Un an plus tard, le demandeur
demande au tribunal de déclarer les procédures du défendeur comme étant
abusives. Selon lui, le défendeur a eu un comportement dilatoire et abusif en
retardant volontairement les procédures et en ne collaborant pas au bon
déroulement de l'instance, si bien que sa défense et sa demande
reconventionnelle devraient être rejetées. Il demande également que lui soient
accordés des dommages pour rembourser les honoraires de ses avocats qu'il a dû
payer en raison de ces comportements.
Pour trancher la question, le
juge révise les règles applicables en matière d'abus de procédure. Dans un
premier temps, il rappelle qu'une partie peut généralement s'opposer au
paiement une somme sans être automatiquement sanctionnée pour abus de
procédure. De plus, généralement, chaque partie est responsable de payer ses
propres avocats, peu importe le sort du litige. Le remboursement des frais
d'avocats par l'autre partie constitue une exception.
Toutefois, le débiteur doit
agir de bonne foi et collaborer à la poursuite de l'instance plutôt que de
multiplier les procédures dans l'unique but de retarder l'obtention d'un
jugement. À ce sujet, le juge Villeneuve écrit au paragraphe 42 de la décision
: « une partie qui abuse de son droit d'ester en justice causera un dommage à
la partie adverse qui, pour combattre cet abus paie inutilement des honoraires
judiciaires à son avocat. Il y a, dans ce cas, un véritable lien de causalité
entre la faute et le dommage ».
Le juge Villeneuve estime que
ce dossier fournit un « exemple éloquent d'abus résultant d'actes de procédure
dilatoire ». Entre le moment où le demandeur a déposé sa demande en justice et
le moment où il est entendu, plus d'un an s'est écoulé. Or, le demandeur reste
toujours impayé et il a dû dépenser plus de 75 230,00$ en frais d'avocats.

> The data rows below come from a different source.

-- ===== src/Recovery/Flow/Unique.antt =====
-- The indices of the live Flow actions are distinct, so each action is found under its own index.
use failure_resolver.Prelude.{
  ℕ, ◌≡◌, refl, sym, ◌∙◌, ap, String, Bool, true, false, ◌||◌, none, some, List, [], ◌∷◌, ◌++◌,
  arith, ◌==◌, Bool-cases, inl, inr, get_elem?, Any, here, there, zero, suc,
}
use failure_resolver.Json.{null, obj, Items, nil, cons, Fields}
use failure_resolver.Errors.{
  Result, ok, Ensures, returns, bind-Ensures, raise_if-Ensures, Ensures-ok,
}
use failure_resolver.Recovery.Flow.{
  ActionContext, Seen, has, is_disabled, add_action, each, add_item, add_area, flow_action_contexts,
  by_index,
}

abbrev uses : ℕ → List ActionContext → Bool
uses i [] = false
uses i (c ∷ cs) = (i == c.action_index) || uses i cs

abbrev Distinct : List ActionContext → Type 0
Distinct [] = Unit
Distinct (c ∷ cs) = (uses c.action_index cs ≡ false) × Distinct cs

uses-snoc :
    (i : ℕ) (cs : List ActionContext) (c : ActionContext)
    → uses i (cs ++ c ∷ []) ≡ (i == c.action_index) || uses i cs
uses-snoc i [] c = refl
uses-snoc i (x ∷ cs) c = ground (arith, uses-snoc i cs c)

Distinct-snoc :
    (cs : List ActionContext) (c : ActionContext)
    → Distinct cs
    → uses c.action_index cs ≡ false
    → Distinct (cs ++ c ∷ [])
Distinct-snoc [] c h e = (refl, tt)
Distinct-snoc (x ∷ cs) c h e = ground (arith, Distinct-snoc cs c h.1, uses-snoc x.action_index cs c)

-- The invariant of the loops: the indices seen are those of the contexts, and none repeats.
record IsConsistent (s : Seen) : Type 0 where
  tracked : (i : ℕ) → has i s.seen_indices ≡ uses i s.contexts
  distinct : Distinct s.contexts

tracked_after :
    (s : Seen) (c : ActionContext)
    → IsConsistent s
    → (i : ℕ) → has i (c.action_index ∷ s.seen_indices) ≡ uses i (s.contexts ++ c ∷ [])
unfolding has
tracked_after s c h i = ground (arith, uses-snoc i s.contexts c, h.tracked i)

add_action-IsConsistent :
    (area item : String) (d : Fields) (s : Seen)
    → IsConsistent s
    → Ensures IsConsistent (add_action area item d s)
unfolding add_action
add_action-IsConsistent area item d s h = bind-Ensures _ λ index e. raise_if-Ensures _ _ λ fresh.
    bind-Ensures _ λ command e'.
      let c : ActionContext = record {
        action_index = index;
        command = command;
        area_name = area;
        item_name = item;
      } in
      returns (record {
        tracked = tracked_after s c h;
        distinct = Distinct-snoc s.contexts c h.distinct (sym (h.tracked index) ∙ fresh);
      })

-- A loop keeps what its body keeps.
each-IsConsistent :
    (body : Fields → Seen → Result Seen)
    → ((d : Fields) (s : Seen) → IsConsistent s → Ensures IsConsistent (body d s))
    → (xs : Items) (s : Seen) → IsConsistent s
    → Ensures IsConsistent (each body xs s)
unfolding each
each-IsConsistent body keep nil s h = returns h
each-IsConsistent body keep (cons (obj d) xs) s h = elim (Bool-cases (is_disabled d)) [
  | inl off ↦ rw off (each-IsConsistent body keep xs s h)
  | inr on ↦ rw on (
      bind-Ensures (body d s) λ s' e. each-IsConsistent body keep xs s' (Ensures-ok (keep d s h) e))
]
each-IsConsistent body keep (cons null xs) s h = each-IsConsistent body keep xs s h
each-IsConsistent body keep (cons _ xs) s h = each-IsConsistent body keep xs s h

add_item-IsConsistent :
    (area : String) (d : Fields) (s : Seen)
    → IsConsistent s
    → Ensures IsConsistent (add_item area d s)
unfolding add_item
add_item-IsConsistent area d s h = bind-Ensures _ λ name e. bind-Ensures _ λ actions e'.
    each-IsConsistent (add_action area name) (add_action-IsConsistent area name) actions s h

add_area-IsConsistent :
    (d : Fields) (s : Seen) → IsConsistent s → Ensures IsConsistent (add_area d s)
unfolding add_area
add_area-IsConsistent d s h = bind-Ensures _ λ name e.
    bind-Ensures _
      λ items e'. each-IsConsistent (add_item name) (add_item-IsConsistent name) items s h

contexts-Distinct : (flow : Fields) → Ensures Distinct (flow_action_contexts flow)
unfolding flow_action_contexts has
contexts-Distinct flow = bind-Ensures _ λ areas e. bind-Ensures _ λ s e'.
    returns
      (Ensures-ok
        (each-IsConsistent add_area add_area-IsConsistent areas _
          (record { tracked = λ i. refl; distinct = tt }))
        e').distinct

unused_by_index : (i : ℕ) (cs : List ActionContext) → uses i cs ≡ false → by_index i cs ≡ none
unfolding by_index
unused_by_index i [] h = refl
unused_by_index i (c ∷ cs) h = ground (arith, unused_by_index i cs)

uses_at :
    (cs : List ActionContext) (j : ℕ) {d : ActionContext}
    → get_elem? cs j ≡ some d
    → uses d.action_index cs ≡ true
uses_at [] j h = cc
uses_at (x ∷ cs) zero h = ground arith
uses_at (x ∷ cs) (suc j) h = ground (arith, uses_at cs j h)

-- Two places of a list with distinct indices that hold the same index are one place.
same_place :
    (cs : List ActionContext) (i j : ℕ) {c d : ActionContext}
    → Distinct cs
    → get_elem? cs i ≡ some c
    → get_elem? cs j ≡ some d
    → c.action_index ≡ d.action_index
    → i ≡ j
same_place [] i j distinct hi hj e = cc
same_place (x ∷ cs) zero zero distinct hi hj e = refl
same_place (x ∷ cs) zero (suc j) distinct hi hj e = ground (arith, uses_at cs j hj)
same_place (x ∷ cs) (suc i) zero distinct hi hj e = ground (arith, uses_at cs i hi)
same_place (x ∷ cs) (suc i) (suc j) distinct hi hj e = ap suc (same_place cs i j distinct.1 hi hj e)

by_index_at :
    (cs : List ActionContext) (i : ℕ) {c : ActionContext}
    → Distinct cs
    → get_elem? cs i ≡ some c
    → by_index c.action_index cs ≡ some c
unfolding by_index
by_index_at [] i distinct h = cc
by_index_at (x ∷ cs) zero distinct h = ground (arith, unused_by_index x.action_index cs)
by_index_at (x ∷ cs) (suc i) distinct h = ground (arith, by_index_at cs i distinct.1 h)

uses_of_mem :
    (c : ActionContext) {cs : List ActionContext}
    → Any (λ x. x ≡ c) cs
    → uses c.action_index cs ≡ true
uses_of_mem c (here e) = ground arith
uses_of_mem c (there m) = ground (arith, uses_of_mem c m)

by_index_mem :
    (c : ActionContext) (cs : List ActionContext)
    → Distinct cs
    → Any (λ x. x ≡ c) cs
    → by_index c.action_index cs ≡ some c
unfolding by_index
by_index_mem c [] d m = elim m [ ]
by_index_mem c (x ∷ cs) d (here e) =
    ground (arith, unused_by_index c.action_index cs, ap (λ (y : ActionContext). y.action_index) e)
by_index_mem c (x ∷ cs) d (there m) = ground (arith, by_index_mem c cs d.1 m)

-- Two enabled actions of a live Flow with the same index are one.
pub listed_once :
    (flow : Fields) {cs : List ActionContext} {c d : ActionContext}
    → flow_action_contexts flow ≡ ok cs
    → Any (λ x. x ≡ c) cs
    → Any (λ x. x ≡ d) cs
    → c.action_index ≡ d.action_index
    → c ≡ d
listed_once flow {cs} {c} {d} e mc md same =
    let distinct = Ensures-ok (contexts-Distinct flow) e in
    let by_c = by_index_mem c cs distinct mc in
    let by_d = by_index_mem d cs distinct md in
    let by_d' : by_index c.action_index cs ≡ some d = rw same by_d in cc

-- In every live Flow that is read without an error, two places of the list of its enabled actions that
-- hold the same action index are the same place, and that index leads to the action that stands there.
pub by_index-flow_action_contexts :
    (flow : Fields) (cs : List ActionContext) (i j : ℕ) (c d : ActionContext)
    → flow_action_contexts flow ≡ ok cs
    → get_elem? cs i ≡ some c
    → get_elem? cs j ≡ some d
    → c.action_index ≡ d.action_index
    → (i ≡ j) × (by_index c.action_index cs ≡ some c)
by_index-flow_action_contexts flow cs i j c d e at_i at_j same =
    let distinct = Ensures-ok (contexts-Distinct flow) e in
    (same_place cs i j distinct at_i at_j same, by_index_at cs i distinct at_i)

Le juge arbitre toutefois les
dommages octroyés afin qu'ils reflètent les montants réellement engagés en
raison du comportement abusif du défendeur. En effet, certains frais d'avocats
étaient raisonnables ou étaient liés à un autre litige. Ainsi, le tribunal
accorde un montant de 25 000$ à titre de dommages pour abus de procédure et
rejette la demande reconventionnelle du défendeur.
Cette
décision montre l'importance pour les parties d'agir de bonne foi et de façon
diligente dans le cadre de procédures judiciaires. À défaut, le tribunal
pourrait ordonner de payer une partie des frais d'avocats de la partie adverse,
à titre de dommages pour abus de procédure.